-- AIM OF THE EXERCISE --
Once the line with "-- A link to" is found in the entries below, print it and each following line exactly, stopping after the line with "(similarity : Signed) ×"; print nothing else.

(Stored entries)
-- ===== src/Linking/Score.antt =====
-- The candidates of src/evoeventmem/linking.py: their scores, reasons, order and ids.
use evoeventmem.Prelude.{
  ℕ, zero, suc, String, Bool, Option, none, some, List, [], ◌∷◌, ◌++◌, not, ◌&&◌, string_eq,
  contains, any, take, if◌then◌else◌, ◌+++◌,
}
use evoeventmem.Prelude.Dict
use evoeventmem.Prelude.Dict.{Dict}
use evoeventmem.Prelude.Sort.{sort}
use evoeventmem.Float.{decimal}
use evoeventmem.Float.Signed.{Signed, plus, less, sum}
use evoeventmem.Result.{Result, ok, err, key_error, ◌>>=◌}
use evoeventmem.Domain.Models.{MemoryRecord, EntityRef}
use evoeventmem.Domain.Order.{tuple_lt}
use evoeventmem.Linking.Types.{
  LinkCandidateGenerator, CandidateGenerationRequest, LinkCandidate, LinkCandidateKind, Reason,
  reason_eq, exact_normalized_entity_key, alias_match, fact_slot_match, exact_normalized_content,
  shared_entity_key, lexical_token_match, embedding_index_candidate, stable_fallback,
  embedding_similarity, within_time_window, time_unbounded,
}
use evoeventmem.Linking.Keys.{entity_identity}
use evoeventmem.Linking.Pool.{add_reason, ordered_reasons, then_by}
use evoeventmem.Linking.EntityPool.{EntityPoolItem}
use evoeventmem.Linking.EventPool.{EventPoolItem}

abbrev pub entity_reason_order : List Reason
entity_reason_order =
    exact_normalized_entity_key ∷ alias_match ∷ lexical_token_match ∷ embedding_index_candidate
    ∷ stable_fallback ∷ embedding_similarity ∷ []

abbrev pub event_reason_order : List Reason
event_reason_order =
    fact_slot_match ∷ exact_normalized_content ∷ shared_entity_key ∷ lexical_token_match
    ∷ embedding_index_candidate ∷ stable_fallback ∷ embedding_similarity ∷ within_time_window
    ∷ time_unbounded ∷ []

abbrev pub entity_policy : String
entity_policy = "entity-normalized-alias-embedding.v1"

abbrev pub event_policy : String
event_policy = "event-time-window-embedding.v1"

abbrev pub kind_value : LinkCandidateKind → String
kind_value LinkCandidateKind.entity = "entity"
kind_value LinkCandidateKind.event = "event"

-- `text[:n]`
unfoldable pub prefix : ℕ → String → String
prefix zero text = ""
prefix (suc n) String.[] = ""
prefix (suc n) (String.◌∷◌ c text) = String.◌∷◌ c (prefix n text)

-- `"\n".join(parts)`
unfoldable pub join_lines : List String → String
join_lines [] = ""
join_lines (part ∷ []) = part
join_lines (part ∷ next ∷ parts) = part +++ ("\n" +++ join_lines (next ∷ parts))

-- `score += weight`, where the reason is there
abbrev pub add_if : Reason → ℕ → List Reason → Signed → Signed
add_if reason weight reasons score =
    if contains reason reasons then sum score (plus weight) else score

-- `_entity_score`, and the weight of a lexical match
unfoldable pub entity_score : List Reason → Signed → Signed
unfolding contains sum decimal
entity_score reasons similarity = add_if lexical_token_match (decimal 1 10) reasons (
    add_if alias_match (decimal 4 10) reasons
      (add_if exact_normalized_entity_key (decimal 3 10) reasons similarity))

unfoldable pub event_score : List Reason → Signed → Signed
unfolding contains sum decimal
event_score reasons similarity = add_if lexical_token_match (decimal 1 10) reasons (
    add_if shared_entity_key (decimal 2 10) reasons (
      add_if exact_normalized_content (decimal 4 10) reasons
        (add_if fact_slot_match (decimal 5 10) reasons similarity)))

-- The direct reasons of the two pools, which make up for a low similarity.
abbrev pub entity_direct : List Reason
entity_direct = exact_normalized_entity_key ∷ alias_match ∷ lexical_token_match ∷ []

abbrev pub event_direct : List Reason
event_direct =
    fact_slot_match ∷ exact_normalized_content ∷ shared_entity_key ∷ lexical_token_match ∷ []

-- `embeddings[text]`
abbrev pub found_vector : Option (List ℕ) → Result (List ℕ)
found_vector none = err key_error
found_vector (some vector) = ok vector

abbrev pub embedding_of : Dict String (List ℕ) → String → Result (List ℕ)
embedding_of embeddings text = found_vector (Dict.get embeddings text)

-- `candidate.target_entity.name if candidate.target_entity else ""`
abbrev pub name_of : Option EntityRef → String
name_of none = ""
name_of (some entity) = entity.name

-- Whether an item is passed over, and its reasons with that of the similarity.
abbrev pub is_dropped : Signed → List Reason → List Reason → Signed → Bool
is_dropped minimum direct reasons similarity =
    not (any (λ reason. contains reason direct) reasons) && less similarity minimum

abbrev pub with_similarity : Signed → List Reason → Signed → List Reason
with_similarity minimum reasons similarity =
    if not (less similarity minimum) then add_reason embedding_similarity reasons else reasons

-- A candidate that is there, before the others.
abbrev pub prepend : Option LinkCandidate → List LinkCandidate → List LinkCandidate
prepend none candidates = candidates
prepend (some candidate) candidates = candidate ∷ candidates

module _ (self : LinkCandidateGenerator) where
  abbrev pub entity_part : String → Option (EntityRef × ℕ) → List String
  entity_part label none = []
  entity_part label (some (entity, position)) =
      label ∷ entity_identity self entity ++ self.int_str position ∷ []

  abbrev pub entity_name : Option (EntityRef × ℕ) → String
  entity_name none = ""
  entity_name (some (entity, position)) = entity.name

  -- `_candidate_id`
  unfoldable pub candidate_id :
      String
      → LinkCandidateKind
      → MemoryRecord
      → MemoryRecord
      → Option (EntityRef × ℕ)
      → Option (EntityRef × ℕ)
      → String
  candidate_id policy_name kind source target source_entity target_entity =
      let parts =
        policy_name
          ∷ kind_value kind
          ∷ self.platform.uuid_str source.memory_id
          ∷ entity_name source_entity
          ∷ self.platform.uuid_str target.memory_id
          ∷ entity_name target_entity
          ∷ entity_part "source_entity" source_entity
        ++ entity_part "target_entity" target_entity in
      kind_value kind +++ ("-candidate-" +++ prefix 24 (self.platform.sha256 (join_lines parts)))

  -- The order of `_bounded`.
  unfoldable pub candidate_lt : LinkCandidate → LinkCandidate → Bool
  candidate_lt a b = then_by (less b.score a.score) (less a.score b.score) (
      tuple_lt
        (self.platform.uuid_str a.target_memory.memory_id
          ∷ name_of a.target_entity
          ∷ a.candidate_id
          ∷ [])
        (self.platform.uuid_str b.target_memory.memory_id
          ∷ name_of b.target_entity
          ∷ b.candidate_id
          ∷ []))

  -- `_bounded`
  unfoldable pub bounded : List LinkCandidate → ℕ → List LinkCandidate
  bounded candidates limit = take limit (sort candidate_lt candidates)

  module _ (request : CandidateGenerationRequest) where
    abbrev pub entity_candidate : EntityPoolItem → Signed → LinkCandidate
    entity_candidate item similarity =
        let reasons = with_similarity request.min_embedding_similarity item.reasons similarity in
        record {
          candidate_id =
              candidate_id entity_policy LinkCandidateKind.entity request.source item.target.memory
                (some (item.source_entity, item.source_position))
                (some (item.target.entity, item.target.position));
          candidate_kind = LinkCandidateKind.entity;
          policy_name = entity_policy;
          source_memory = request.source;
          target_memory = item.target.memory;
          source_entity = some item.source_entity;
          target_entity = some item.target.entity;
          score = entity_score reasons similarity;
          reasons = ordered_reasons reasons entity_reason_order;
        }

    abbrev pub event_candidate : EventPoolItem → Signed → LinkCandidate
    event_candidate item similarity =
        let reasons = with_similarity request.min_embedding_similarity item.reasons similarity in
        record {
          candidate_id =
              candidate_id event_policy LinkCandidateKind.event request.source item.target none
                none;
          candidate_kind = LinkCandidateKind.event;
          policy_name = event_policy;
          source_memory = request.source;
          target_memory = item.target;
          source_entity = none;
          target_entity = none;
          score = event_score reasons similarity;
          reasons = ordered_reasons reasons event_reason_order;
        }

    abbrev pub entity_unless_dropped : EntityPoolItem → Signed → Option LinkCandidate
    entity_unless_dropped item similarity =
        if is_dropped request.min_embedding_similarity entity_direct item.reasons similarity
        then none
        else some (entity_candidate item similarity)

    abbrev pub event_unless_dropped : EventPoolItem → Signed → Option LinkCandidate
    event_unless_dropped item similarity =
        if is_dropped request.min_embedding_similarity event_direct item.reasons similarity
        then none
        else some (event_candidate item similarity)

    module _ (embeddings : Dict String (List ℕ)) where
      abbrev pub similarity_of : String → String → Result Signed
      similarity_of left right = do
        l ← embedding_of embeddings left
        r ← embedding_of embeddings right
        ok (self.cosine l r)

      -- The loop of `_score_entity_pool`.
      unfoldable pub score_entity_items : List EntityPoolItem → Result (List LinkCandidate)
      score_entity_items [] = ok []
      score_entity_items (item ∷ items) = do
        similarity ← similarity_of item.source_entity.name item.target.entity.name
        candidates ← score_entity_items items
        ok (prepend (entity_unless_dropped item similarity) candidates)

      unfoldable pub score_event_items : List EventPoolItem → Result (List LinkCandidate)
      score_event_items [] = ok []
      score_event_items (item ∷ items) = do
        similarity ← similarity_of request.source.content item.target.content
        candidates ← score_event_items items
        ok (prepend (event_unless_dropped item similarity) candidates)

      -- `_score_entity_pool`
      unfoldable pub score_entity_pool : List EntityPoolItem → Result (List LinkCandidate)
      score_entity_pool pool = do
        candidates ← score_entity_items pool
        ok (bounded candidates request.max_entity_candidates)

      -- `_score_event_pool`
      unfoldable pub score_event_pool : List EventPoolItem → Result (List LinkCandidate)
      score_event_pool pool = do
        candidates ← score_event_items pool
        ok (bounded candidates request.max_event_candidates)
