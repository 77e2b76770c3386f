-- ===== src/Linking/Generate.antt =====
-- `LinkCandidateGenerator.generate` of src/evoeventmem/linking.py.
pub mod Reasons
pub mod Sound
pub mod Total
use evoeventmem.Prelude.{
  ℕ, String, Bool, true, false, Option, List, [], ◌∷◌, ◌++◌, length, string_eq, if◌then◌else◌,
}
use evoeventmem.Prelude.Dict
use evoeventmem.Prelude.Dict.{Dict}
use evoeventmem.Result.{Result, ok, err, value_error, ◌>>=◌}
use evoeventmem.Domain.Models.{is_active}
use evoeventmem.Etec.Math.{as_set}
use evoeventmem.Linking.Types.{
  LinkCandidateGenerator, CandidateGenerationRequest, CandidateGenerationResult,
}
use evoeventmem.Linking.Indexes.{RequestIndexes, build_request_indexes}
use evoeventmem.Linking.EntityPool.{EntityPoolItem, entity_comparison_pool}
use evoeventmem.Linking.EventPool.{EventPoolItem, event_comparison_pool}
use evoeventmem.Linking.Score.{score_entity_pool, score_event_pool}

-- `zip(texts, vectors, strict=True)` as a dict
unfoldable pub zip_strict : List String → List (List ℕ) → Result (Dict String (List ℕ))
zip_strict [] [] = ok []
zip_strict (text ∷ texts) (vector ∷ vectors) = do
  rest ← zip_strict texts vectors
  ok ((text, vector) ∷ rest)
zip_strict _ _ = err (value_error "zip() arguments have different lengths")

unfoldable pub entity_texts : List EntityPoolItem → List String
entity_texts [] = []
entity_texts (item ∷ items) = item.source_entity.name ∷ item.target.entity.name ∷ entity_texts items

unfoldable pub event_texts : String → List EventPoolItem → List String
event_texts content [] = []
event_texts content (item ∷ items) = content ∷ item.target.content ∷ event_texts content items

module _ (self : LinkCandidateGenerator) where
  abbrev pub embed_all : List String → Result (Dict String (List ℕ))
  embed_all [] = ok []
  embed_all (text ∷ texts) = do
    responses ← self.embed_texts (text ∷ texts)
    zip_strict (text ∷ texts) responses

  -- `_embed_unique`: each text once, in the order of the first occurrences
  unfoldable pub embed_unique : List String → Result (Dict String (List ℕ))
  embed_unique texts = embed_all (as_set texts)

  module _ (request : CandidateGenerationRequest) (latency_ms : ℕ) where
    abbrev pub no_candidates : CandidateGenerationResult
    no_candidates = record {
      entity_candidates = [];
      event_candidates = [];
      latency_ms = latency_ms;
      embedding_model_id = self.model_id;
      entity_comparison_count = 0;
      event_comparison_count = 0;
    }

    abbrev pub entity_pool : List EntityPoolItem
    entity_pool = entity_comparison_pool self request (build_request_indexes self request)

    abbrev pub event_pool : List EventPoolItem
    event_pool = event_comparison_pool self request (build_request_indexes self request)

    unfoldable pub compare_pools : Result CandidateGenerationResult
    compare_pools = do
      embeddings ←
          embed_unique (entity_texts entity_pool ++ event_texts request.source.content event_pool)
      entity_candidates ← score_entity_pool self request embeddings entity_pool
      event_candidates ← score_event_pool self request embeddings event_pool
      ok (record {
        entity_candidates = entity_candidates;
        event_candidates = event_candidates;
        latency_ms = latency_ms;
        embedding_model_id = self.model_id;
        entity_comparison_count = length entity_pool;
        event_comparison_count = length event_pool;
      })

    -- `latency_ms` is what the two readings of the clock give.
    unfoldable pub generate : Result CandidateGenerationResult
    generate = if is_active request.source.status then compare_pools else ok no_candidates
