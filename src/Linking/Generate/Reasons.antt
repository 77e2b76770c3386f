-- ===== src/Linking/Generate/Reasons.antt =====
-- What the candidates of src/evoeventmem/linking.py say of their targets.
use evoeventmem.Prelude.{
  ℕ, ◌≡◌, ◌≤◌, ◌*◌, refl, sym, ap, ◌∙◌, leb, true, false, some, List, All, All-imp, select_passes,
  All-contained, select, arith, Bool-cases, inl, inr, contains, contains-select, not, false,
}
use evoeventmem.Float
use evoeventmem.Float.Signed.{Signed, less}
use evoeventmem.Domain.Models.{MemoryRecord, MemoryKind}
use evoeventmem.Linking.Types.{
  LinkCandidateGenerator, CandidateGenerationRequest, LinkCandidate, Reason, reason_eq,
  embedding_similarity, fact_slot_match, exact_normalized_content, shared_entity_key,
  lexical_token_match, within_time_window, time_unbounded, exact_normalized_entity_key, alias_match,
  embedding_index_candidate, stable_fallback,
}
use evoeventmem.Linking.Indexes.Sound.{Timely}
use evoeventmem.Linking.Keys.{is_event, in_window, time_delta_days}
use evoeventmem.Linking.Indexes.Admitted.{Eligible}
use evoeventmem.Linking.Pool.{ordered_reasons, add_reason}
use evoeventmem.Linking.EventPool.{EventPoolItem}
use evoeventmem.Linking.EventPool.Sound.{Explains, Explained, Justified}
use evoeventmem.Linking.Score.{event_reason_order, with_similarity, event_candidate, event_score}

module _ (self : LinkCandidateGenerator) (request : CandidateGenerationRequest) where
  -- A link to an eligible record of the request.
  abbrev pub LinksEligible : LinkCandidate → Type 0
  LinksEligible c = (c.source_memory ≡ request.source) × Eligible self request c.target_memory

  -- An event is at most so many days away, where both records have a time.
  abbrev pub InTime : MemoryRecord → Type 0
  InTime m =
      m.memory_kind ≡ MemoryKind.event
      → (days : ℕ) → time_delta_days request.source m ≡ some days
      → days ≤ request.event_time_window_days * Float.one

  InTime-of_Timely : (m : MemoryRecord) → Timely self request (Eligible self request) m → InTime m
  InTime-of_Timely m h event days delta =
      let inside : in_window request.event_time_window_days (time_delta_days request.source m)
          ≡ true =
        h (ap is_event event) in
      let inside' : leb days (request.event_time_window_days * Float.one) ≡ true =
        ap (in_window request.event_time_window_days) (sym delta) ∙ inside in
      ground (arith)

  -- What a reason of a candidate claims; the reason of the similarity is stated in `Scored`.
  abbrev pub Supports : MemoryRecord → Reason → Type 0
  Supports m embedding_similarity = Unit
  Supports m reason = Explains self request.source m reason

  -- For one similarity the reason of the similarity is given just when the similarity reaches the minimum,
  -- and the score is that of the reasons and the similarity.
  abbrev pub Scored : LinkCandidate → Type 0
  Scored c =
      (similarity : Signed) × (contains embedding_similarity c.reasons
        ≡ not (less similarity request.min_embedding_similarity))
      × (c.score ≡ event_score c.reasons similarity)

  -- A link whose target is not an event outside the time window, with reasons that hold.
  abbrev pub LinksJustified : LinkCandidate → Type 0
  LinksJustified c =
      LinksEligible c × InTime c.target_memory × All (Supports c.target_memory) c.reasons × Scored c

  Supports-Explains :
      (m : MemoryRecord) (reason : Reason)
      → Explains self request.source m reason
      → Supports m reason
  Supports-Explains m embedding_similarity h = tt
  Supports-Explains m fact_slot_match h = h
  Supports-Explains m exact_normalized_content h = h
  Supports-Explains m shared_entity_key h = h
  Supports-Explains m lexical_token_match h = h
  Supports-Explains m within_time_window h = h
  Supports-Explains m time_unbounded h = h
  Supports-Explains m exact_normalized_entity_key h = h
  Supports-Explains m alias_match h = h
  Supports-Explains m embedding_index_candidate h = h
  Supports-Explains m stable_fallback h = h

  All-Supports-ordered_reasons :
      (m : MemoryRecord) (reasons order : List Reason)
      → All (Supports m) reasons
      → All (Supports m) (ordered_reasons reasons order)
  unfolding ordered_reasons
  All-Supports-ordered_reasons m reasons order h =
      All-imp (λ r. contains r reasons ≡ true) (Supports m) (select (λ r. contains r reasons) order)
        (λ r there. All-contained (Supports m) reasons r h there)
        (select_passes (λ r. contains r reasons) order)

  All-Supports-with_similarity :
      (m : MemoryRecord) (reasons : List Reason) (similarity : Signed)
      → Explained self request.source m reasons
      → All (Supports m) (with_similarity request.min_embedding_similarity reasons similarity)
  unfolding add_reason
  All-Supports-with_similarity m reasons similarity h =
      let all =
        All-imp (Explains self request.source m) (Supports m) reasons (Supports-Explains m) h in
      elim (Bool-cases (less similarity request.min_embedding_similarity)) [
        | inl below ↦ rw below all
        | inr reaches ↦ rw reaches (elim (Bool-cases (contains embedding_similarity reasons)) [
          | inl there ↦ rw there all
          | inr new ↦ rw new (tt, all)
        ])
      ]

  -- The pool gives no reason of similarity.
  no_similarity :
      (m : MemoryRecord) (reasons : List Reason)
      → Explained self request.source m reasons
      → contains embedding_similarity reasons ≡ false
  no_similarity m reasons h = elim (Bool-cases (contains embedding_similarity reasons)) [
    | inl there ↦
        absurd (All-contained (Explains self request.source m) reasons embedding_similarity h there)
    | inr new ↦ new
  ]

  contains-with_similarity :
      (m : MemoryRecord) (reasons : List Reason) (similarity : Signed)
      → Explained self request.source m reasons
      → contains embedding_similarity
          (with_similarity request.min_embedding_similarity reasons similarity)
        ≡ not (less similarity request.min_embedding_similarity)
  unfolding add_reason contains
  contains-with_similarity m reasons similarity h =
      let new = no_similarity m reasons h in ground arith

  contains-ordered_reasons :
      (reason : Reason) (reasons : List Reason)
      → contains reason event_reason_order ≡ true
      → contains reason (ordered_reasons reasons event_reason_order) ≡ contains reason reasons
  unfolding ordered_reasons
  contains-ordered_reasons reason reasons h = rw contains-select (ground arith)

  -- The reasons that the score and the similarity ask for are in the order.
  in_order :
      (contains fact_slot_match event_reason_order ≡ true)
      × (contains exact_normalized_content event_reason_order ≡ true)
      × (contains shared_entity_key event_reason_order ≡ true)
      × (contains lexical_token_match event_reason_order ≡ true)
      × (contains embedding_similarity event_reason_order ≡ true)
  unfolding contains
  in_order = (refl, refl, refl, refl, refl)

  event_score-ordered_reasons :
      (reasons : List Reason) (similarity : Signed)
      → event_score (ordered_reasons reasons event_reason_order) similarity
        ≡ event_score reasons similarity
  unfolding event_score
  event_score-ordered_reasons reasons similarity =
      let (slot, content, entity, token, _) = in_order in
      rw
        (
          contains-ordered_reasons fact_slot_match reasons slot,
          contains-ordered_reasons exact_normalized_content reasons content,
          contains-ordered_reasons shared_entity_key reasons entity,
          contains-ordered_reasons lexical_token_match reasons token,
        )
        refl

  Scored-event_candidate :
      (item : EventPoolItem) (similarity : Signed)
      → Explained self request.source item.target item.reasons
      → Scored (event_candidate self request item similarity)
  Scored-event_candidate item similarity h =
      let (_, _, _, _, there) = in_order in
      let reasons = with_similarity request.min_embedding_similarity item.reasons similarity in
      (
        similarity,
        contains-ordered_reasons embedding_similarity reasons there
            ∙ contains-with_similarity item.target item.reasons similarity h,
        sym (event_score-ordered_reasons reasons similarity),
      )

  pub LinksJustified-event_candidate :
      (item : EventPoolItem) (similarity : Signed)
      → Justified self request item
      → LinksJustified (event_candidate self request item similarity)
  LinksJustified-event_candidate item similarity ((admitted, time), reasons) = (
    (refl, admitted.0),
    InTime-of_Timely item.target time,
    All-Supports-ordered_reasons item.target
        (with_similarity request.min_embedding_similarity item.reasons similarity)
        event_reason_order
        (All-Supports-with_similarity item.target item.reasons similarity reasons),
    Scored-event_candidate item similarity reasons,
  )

-- ANSWER TO THE EXERCISE --
  -- A link to an eligible record of the request.
  abbrev pub LinksEligible : LinkCandidate → Type 0
  LinksEligible c = (c.source_memory ≡ request.source) × Eligible self request c.target_memory

  -- An event is at most so many days away, where both records have a time.
  abbrev pub InTime : MemoryRecord → Type 0
  InTime m =
      m.memory_kind ≡ MemoryKind.event
      → (days : ℕ) → time_delta_days request.source m ≡ some days
      → days ≤ request.event_time_window_days * Float.one

  InTime-of_Timely : (m : MemoryRecord) → Timely self request (Eligible self request) m → InTime m
  InTime-of_Timely m h event days delta =
      let inside : in_window request.event_time_window_days (time_delta_days request.source m)
          ≡ true =
        h (ap is_event event) in
      let inside' : leb days (request.event_time_window_days * Float.one) ≡ true =
        ap (in_window request.event_time_window_days) (sym delta) ∙ inside in
      ground (arith)

  -- What a reason of a candidate claims; the reason of the similarity is stated in `Scored`.
  abbrev pub Supports : MemoryRecord → Reason → Type 0
  Supports m embedding_similarity = Unit
  Supports m reason = Explains self request.source m reason

  -- For one similarity the reason of the similarity is given just when the similarity reaches the minimum,
  -- and the score is that of the reasons and the similarity.
  abbrev pub Scored : LinkCandidate → Type 0
  Scored c =
      (similarity : Signed) × (contains embedding_similarity c.reasons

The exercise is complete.